* About this exercise *
Repeat exactly, and only, the lines below starting at the line that contains "pub same_len : s'.len ≡ s.len" and ending at the line that contains "let lem = λ (k : ℕ). value_at-remove", inclusive of both.

* Data to use *
-- Opening Marker --
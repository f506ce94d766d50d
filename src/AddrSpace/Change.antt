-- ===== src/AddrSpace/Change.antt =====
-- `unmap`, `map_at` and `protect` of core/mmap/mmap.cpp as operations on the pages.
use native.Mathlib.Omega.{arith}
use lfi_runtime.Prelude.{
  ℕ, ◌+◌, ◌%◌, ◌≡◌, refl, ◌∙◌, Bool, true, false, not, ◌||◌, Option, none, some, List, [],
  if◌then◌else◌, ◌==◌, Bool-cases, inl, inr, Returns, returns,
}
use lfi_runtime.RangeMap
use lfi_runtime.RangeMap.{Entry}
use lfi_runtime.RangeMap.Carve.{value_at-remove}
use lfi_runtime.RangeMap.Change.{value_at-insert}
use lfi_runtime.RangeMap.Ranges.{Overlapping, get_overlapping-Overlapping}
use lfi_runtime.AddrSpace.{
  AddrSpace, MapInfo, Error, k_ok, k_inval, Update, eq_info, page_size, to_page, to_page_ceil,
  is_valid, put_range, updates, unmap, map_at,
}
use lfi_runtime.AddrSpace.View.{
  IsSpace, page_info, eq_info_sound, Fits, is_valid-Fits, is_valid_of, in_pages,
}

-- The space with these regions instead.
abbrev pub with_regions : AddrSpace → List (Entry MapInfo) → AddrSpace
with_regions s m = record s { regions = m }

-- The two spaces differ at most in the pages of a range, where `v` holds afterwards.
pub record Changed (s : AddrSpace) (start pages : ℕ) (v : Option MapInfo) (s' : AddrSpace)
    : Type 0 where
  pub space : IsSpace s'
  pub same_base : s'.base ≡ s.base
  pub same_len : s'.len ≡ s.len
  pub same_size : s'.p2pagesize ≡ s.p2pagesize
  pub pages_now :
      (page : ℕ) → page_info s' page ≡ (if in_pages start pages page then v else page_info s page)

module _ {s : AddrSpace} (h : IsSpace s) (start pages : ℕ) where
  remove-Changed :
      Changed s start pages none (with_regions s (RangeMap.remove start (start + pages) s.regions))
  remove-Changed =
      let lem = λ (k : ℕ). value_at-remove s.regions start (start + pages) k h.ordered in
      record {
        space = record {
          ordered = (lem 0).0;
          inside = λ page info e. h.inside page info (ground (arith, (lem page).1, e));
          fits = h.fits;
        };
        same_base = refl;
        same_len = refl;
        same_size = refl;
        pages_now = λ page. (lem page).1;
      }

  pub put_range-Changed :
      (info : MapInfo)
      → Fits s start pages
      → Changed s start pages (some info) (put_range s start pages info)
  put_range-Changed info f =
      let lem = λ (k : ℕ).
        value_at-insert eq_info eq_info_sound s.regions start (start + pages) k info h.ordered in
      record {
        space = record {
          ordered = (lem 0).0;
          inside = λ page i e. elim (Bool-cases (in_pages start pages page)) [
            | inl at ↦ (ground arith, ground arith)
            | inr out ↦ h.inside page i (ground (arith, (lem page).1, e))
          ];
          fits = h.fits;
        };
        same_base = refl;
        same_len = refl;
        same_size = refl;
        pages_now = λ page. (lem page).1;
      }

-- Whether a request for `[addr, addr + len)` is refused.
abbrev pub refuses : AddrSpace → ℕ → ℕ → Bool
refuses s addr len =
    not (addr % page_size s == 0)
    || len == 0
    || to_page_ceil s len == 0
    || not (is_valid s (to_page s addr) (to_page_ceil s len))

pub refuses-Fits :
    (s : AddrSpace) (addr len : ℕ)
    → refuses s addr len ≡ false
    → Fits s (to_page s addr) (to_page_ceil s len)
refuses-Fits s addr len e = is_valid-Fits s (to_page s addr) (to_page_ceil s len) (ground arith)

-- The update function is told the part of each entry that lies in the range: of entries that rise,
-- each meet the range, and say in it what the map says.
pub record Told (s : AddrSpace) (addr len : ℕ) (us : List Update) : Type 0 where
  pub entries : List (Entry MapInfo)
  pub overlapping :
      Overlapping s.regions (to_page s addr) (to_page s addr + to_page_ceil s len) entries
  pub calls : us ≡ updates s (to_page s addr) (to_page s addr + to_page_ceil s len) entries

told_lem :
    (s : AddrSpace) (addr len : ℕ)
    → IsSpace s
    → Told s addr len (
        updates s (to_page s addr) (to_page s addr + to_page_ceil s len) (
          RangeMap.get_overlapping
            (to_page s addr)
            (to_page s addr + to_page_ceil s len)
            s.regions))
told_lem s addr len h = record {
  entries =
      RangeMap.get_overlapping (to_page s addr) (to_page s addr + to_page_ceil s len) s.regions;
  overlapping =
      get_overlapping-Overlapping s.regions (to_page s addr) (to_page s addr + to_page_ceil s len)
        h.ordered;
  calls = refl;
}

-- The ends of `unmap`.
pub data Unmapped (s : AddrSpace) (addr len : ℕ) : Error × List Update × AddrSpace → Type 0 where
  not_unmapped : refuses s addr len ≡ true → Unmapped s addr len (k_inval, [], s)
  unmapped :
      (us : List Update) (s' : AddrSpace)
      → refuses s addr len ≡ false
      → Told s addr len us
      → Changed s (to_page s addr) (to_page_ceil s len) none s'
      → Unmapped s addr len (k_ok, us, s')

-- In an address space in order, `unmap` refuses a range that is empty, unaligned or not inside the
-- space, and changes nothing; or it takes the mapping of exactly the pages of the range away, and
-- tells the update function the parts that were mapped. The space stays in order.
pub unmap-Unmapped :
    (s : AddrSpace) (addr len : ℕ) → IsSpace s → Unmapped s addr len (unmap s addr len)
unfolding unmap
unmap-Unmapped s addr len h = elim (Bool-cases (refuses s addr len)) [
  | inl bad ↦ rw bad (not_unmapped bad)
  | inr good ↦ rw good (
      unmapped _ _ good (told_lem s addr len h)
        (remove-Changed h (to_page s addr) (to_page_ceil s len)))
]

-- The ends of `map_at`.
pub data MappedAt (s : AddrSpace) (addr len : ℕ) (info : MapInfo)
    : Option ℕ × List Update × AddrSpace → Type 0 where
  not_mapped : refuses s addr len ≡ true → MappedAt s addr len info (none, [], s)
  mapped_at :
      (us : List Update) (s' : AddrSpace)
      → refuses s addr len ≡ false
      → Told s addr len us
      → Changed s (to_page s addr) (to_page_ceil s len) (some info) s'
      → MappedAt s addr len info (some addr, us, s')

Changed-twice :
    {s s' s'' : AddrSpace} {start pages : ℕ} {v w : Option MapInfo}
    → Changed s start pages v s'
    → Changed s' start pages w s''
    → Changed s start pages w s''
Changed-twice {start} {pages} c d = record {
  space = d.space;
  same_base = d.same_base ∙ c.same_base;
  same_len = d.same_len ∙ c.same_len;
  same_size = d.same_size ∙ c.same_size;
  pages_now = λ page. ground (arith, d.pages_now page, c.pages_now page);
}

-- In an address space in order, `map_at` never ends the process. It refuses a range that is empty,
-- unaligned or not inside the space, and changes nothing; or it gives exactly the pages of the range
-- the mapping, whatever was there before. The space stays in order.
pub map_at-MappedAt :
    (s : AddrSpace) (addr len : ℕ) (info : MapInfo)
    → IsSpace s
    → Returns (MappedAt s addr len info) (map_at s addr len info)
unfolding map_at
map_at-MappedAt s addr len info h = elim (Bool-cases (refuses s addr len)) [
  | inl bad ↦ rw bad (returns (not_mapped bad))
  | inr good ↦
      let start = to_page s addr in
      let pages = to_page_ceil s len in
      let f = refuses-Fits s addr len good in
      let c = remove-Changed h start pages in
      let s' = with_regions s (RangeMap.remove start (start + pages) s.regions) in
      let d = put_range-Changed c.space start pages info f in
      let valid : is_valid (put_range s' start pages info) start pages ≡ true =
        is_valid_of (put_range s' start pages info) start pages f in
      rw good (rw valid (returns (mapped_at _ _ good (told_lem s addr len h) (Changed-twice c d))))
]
-- Closing Marker --
* Solution below *
  pub same_len : s'.len ≡ s.len
  pub same_size : s'.p2pagesize ≡ s.p2pagesize
  pub pages_now :
      (page : ℕ) → page_info s' page ≡ (if in_pages start pages page then v else page_info s page)

module _ {s : AddrSpace} (h : IsSpace s) (start pages : ℕ) where
  remove-Changed :
      Changed s start pages none (with_regions s (RangeMap.remove start (start + pages) s.regions))
  remove-Changed =
      let lem = λ (k : ℕ). value_at-remove s.regions start (start + pages) k h.ordered in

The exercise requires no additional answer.